Nigel shrugs. He’s been destroyed by life with newborn twins, thinks Davy, and now he’s too tired even to take umbrage. Have a dig, his dead eyes seem to say, I don’t care, as long as I can lie down.
‘Manon, can you take us through Will’s journey to Stoke and back, please?’ says Harriet.
‘We’ve got him travelling to Stoke, as he described, on Friday evening. He’s picked up by ANPR at three points on his outward journey and obviously his mother confirms his stay.’
‘Well, she would, wouldn’t she?’ mutters Harriet. ‘Sorry, carry on.’
‘She says he left her house in Stoke at 5.30 p.m. on Sunday evening. He says he took a longer route home because of Sunday roadworks, which means his journey took closer to three hours, getting him back to George Street at 8.30 p.m. He then spent half an hour searching the house for Edith, calling various people such as Helena Reed, before phoning her parents, and then us at 9 p.m. Now, we haven’t got that return journey on camera. Might be that the cameras are out on this route, we’re checking that, or that he was tailgated by a lorry or something, or that mud splashed on his plates, which prevented a reading—’
‘Or that he was at home murdering his girlfriend,’ snorts Stuart, with rather more confidence than is merited for a first day in the office, if you ask Davy, which no one ever does.
‘Ah, Fergus,’ says Harriet. ‘The floor’s all yours.’
Fergus Kelly, a neat man in spectacles, never a speck on his suit. He has worked in the press office for ten years, including through the mayhem of Soham, which shook him more than the rest of them because it laid waste to half his contacts and all the unsaid niceties that had previously governed the flow of information.

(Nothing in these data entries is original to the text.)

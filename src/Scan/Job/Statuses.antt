-- ===== src/Scan/Job/Statuses.antt =====
-- No transfer and no frame ends with the status EOF, which sane_pantum_read of src/pantum.c keeps for
-- the end of a page.
use mathlib.Core.Path.{subst}
use pantum_open.Base.{
  ℕ, zero, suc, ◌-◌, ◌≡◌, ap, Bool, true, false, ◌&&◌, List, [], length, ltb, ◌==◌, if◌then◌else◌,
  if-cases,
}
use pantum_open.Wire.{get_be32}
use pantum_open.Scan.Status.{
  Status, good, eof, io_error, no_mem, unsupported, map_status, status_or,
}
use pantum_open.Scan.Usb.{
  Device, Wire, bulk_in, ep_in, is_success, ends_tries, perform, no_reply, try_bulk, read_loop,
  usb_read, drain_chunk, drain_loop, drain_payload, timeout_poll,
}
use pantum_open.Scan.Frame.{
  Got, ended, idle, arrived, if_good-cases, header_len, max_payload, pantum_magic, header_of,
  unpack, recv_rest, recv_frame,
}

abbrev pub NotEof : Status → Type 0
NotEof st = ¬ (st ≡ eof)

pub good-NotEof : NotEof good
good-NotEof e = cc

pub io_error-NotEof : NotEof io_error
io_error-NotEof e = cc

pub no_mem-NotEof : NotEof no_mem
no_mem-NotEof e = cc

pub unsupported-NotEof : NotEof unsupported
unsupported-NotEof e = cc

map_status-NotEof : (n : ℕ) → NotEof (map_status n)
unfolding map_status
map_status-NotEof zero e = cc
map_status-NotEof (suc zero) e = cc
map_status-NotEof (suc (suc zero)) e = cc
map_status-NotEof (suc (suc (suc zero))) e = cc
map_status-NotEof (suc (suc (suc (suc zero)))) e = cc
map_status-NotEof (suc (suc (suc (suc (suc zero))))) e = cc
map_status-NotEof (suc (suc (suc (suc (suc (suc zero)))))) e = cc
map_status-NotEof (suc (suc (suc (suc (suc (suc (suc zero))))))) e = cc
map_status-NotEof (suc (suc (suc (suc (suc (suc (suc (suc zero)))))))) e = cc
map_status-NotEof (suc (suc (suc (suc (suc (suc (suc (suc (suc n))))))))) e = cc

pub status_or-NotEof : (other : Status) (n : ℕ) → NotEof other → NotEof (status_or other n)
unfolding status_or
status_or-NotEof other zero e = e
status_or-NotEof other (suc n) e = map_status-NotEof (suc n)

module _ (device : Device) where
  read_loop-NotEof :
      (fuel left t : ℕ) (got : List ℕ) (w : Wire) → NotEof (read_loop device fuel left t got w).0
  unfolding read_loop
  read_loop-NotEof zero left t got w = good-NotEof
  read_loop-NotEof (suc fuel) left t got w =
      let (r, w') = try_bulk device 3 (bulk_in left t) ep_in (no_reply device) w in
      if-cases (λ (x : Status × List ℕ × Wire). NotEof x.0) (ltb 0 left) _ _
        (λ a.
          if-cases (λ (x : Status × List ℕ × Wire). NotEof x.0)
            (is_success r.rc && ltb 0 (length r.bytes)) _ _ (λ b. read_loop-NotEof fuel _ t _ w')
            (λ b. io_error-NotEof))
        (λ a. good-NotEof)

  pub usb_read-NotEof : (n t : ℕ) (w : Wire) → NotEof (usb_read device n t w).0
  unfolding usb_read
  usb_read-NotEof n t w = read_loop-NotEof n n t [] w

  drain_loop-NotEof : (fuel plen t : ℕ) (w : Wire) → NotEof (drain_loop device fuel plen t w).0
  unfolding drain_loop
  drain_loop-NotEof zero plen t w = good-NotEof
  drain_loop-NotEof (suc fuel) plen t w =
      let chunk = if ltb drain_chunk plen then drain_chunk else plen in
      let r = usb_read device chunk t w in
      if-cases (λ (x : Status × Wire). NotEof x.0) (plen == 0) _ _ (λ a. good-NotEof)
        (λ a. picks r.0 _ r.2 (usb_read-NotEof chunk t w) (drain_loop-NotEof fuel _ t r.2))
    where
      Fine : Status × Wire → Type 0
      Fine x = NotEof x.0

      picks :
          (st : Status) (more : Status × Wire) (w' : Wire)
          → NotEof st
          → NotEof more.0
          → Fine (elim st [ good ↦ more | other ↦ (other, w') ])
      picks good more w' a b = b
      picks unsupported more w' a b = a
      picks _ more w' a b = a

  pub drain_payload-NotEof : (plen t : ℕ) (w : Wire) → NotEof (drain_payload device plen t w).0
  unfolding drain_payload
  drain_payload-NotEof plen t w = drain_loop-NotEof plen plen t w

  -- What recv_frame ends with.
  abbrev pub Proper : Got × Wire → Type 0
  Proper g = (st : Status) → g.0 ≡ ended st → NotEof st

  ended-Proper : (st : Status) (w : Wire) → NotEof st → Proper (ended st, w)
  ended-Proper st w n s e =
      subst NotEof (ap (λ g. elim g [ ended x ↦ x | idle ↦ st | arrived f ↦ st ]) e) n

  unpack-Proper : (buf : List ℕ) (w : Wire) → Proper (unpack buf, w)
  unfolding unpack
  unpack-Proper buf w =
      if-cases (λ g. Proper (g, w)) (get_be32 buf == pantum_magic) _ _
        (λ a.
          if-cases (λ g. Proper (g, w)) (ltb max_payload (header_of buf).plen) _ _
            (λ b. ended-Proper io_error w io_error-NotEof) (λ b st e. cc))
        (λ a. ended-Proper io_error w io_error-NotEof)

  recv_rest-Proper : (t : ℕ) (got : List ℕ) (w : Wire) → Proper (recv_rest device t got w)
  unfolding recv_rest
  recv_rest-Proper t got w =
      let r = usb_read device (header_len - length got) t w in
      if-cases Proper (ltb (length got) header_len) _ _
        (λ a.
          if_good-cases Proper r.0 _ _ (λ g. unpack-Proper _ r.2)
            (λ n. ended-Proper r.0 r.2 (usb_read-NotEof _ t w)))
        (λ a. unpack-Proper got w)

  pub recv_frame-Proper : (t : ℕ) (probe : Bool) (w : Wire) → Proper (recv_frame device t probe w)
  unfolding recv_frame
  recv_frame-Proper t false w = recv_rest-Proper t [] w
  recv_frame-Proper t true w =
      let r = device w (bulk_in header_len timeout_poll) in
      let w' = perform device (bulk_in header_len timeout_poll) w in
      if-cases Proper (ends_tries r.rc) _ _
        (λ a.
          if-cases Proper (length r.bytes == 0) _ _ (λ b st e. cc)
            (λ b. recv_rest-Proper t r.bytes w'))
        (λ a. ended-Proper io_error w' io_error-NotEof)
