-- ===== src/Scan/Job/Quiet.antt =====
-- A caller of pump_frame that takes no report of an abort, as sane_pantum_read: none is made, and
-- without a probe the call is never idle.
use pantum_open.Base.{ℕ, ◌≡◌, refl, Bool, true, false, none, List, ltb, ◌==◌, if-cases}
use pantum_open.Wire.{get_be32}
use pantum_open.Scan.Status.{Status, good, io_error}
use pantum_open.Scan.Usb.{Device, Wire, usb_read, timeout_read}
use pantum_open.Scan.Frame.{
  Frame, Got, ended, idle, arrived, if_good-cases, header_len, max_payload, pantum_magic, header_of,
  unpack, recv_rest, recv_frame,
}
use pantum_open.Scan.Window.{source_is_adf}
use pantum_open.Scan.Handle.{Handle}
use pantum_open.Scan.Session.{evt_aborted, evt_job_end}
use pantum_open.Scan.Job.Pump.{
  Env, Pumping, pumped, evt_data, evt_settings, evt_page_end, on_aborted, on_job_end, on_page_end,
  on_data, on_settings, on_other, dispatch, pump_frame,
}

pub record IsQuiet (r : Pumping) : Type 0 where
  pub aborted : r.0.aborted ≡ none
  pub busy : r.0.idle ≡ false

quiet : {st : Status} {h : Handle} {w : Wire} → IsQuiet (pumped st, h, w)
quiet = record { aborted = refl; busy = refl }

abbrev Unreported : Pumping → Type 0
Unreported r = r.0.aborted ≡ none

abbrev Unblocked : Pumping → Type 0
Unblocked r = r.0.idle ≡ false

abbrev NotIdle : Got × Wire → Type 0
NotIdle g = ¬ (g.0 ≡ idle)

ended-NotIdle : (st : Status) (w : Wire) → NotIdle (ended st, w)
ended-NotIdle st w e = cc

arrived-NotIdle : (f : Frame) (w : Wire) → NotIdle (arrived f, w)
arrived-NotIdle f w e = cc

unpack-NotIdle : (buf : List ℕ) (w : Wire) → NotIdle (unpack buf, w)
unfolding unpack
unpack-NotIdle buf w =
    if-cases (λ g. NotIdle (g, w)) (get_be32 buf == pantum_magic) _ _
      (λ a.
        if-cases (λ g. NotIdle (g, w)) (ltb max_payload (header_of buf).plen) _ _
          (λ b. ended-NotIdle io_error w) (λ b. arrived-NotIdle (header_of buf) w))
      (λ a. ended-NotIdle io_error w)

recv_frame-NotIdle : (device : Device) (t : ℕ) (w : Wire) → NotIdle (recv_frame device t false w)
unfolding recv_frame recv_rest
recv_frame-NotIdle device t w =
    let r = usb_read device header_len t w in
    if_good-cases NotIdle r.0 _ _ (λ g. unpack-NotIdle _ r.2) (λ n. ended-NotIdle r.0 r.2)

module _ (env : Env) where
  dispatch-IsQuiet : (f : Frame) (h : Handle) (w : Wire) → IsQuiet (dispatch env false f h w)
  unfolding dispatch on_data on_aborted on_job_end on_page_end on_settings on_other
  dispatch-IsQuiet f h w =
      if-cases IsQuiet (f.cmd == evt_data) _ _ (λ a. quiet)
        (λ a.
          if-cases IsQuiet (f.cmd == evt_aborted) _ _ (λ b. quiet)
            (λ b.
              if-cases IsQuiet (f.cmd == evt_job_end) _ _ (λ c. quiet)
                (λ c.
                  if-cases IsQuiet (f.cmd == evt_page_end) _ _
                    (λ d. if-cases IsQuiet (source_is_adf h.settings) _ _ (λ e. quiet) (λ e. quiet))
                    (λ d. if-cases IsQuiet (f.cmd == evt_settings) _ _ (λ e. quiet) (λ e. quiet)))))

  pub pump_frame-quiet :
      (probe : Bool) (h : Handle) (w : Wire) → (pump_frame env probe false h w).0.aborted ≡ none
  unfolding pump_frame
  pump_frame-quiet probe h w = step g.0
    where
      g : Got × Wire
      g = recv_frame env.device timeout_read probe w

      step :
          (got : Got)
          → Unreported (elim got [
            | ended st ↦ (pumped st, h, g.1)
            | idle ↦ (record { status = good; idle = true; aborted = none }, h, g.1)
            | arrived f ↦ dispatch env false f h g.1
          ])
      step (ended st) = refl
      step idle = refl
      step (arrived f) = (dispatch-IsQuiet f h g.1).aborted

  pub pump_frame-busy : (h : Handle) (w : Wire) → (pump_frame env false false h w).0.idle ≡ false
  unfolding pump_frame
  pump_frame-busy h w = step g.0 (recv_frame-NotIdle env.device timeout_read w)
    where
      g : Got × Wire
      g = recv_frame env.device timeout_read false w

      step :
          (got : Got)
          → ¬ (got ≡ idle)
          → Unblocked (elim got [
            | ended st ↦ (pumped st, h, g.1)
            | idle ↦ (record { status = good; idle = true; aborted = none }, h, g.1)
            | arrived f ↦ dispatch env false f h g.1
          ])
      step (ended st) n = refl
      step idle n = absurd (n refl)
      step (arrived f) n = (dispatch-IsQuiet f h g.1).busy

‘So, the tabloids are well and truly on to this now,’ Fergus says, pushing his glasses up his nose. He has a fresh outbreak of acne on his chin, incongruous for a man in his forties, but understandable when you combined stress with the heavily refined carbohydrates stocked in the canteen. One of his daughters has cerebral palsy. Davy doesn’t know what’s made him think of this, but something about Fergus being under pressure doesn’t seem fair. ‘Obviously we can use the press interest to flush out information, but we need to control it – all enquiries must go through the press office. The Hinds have agreed to do a press conference at 11 a.m. tomorrow and we may wheel Will Carter out to see how much he sweats. Obviously, in the first days, the press tend to be very helpful in promoting the police line. It’s after a couple of days,’ he rubs the sweat at his brow, ‘when there’s nothing new to report, they can become quite …’ He coughs into his fist. ‘It’s important there are no leaks,’ he adds, making eye contact with every member of the team, especially the new recruit, in a way that is pleading rather than authoritative. ‘And that we stay in control, as I say, of the flow of information.’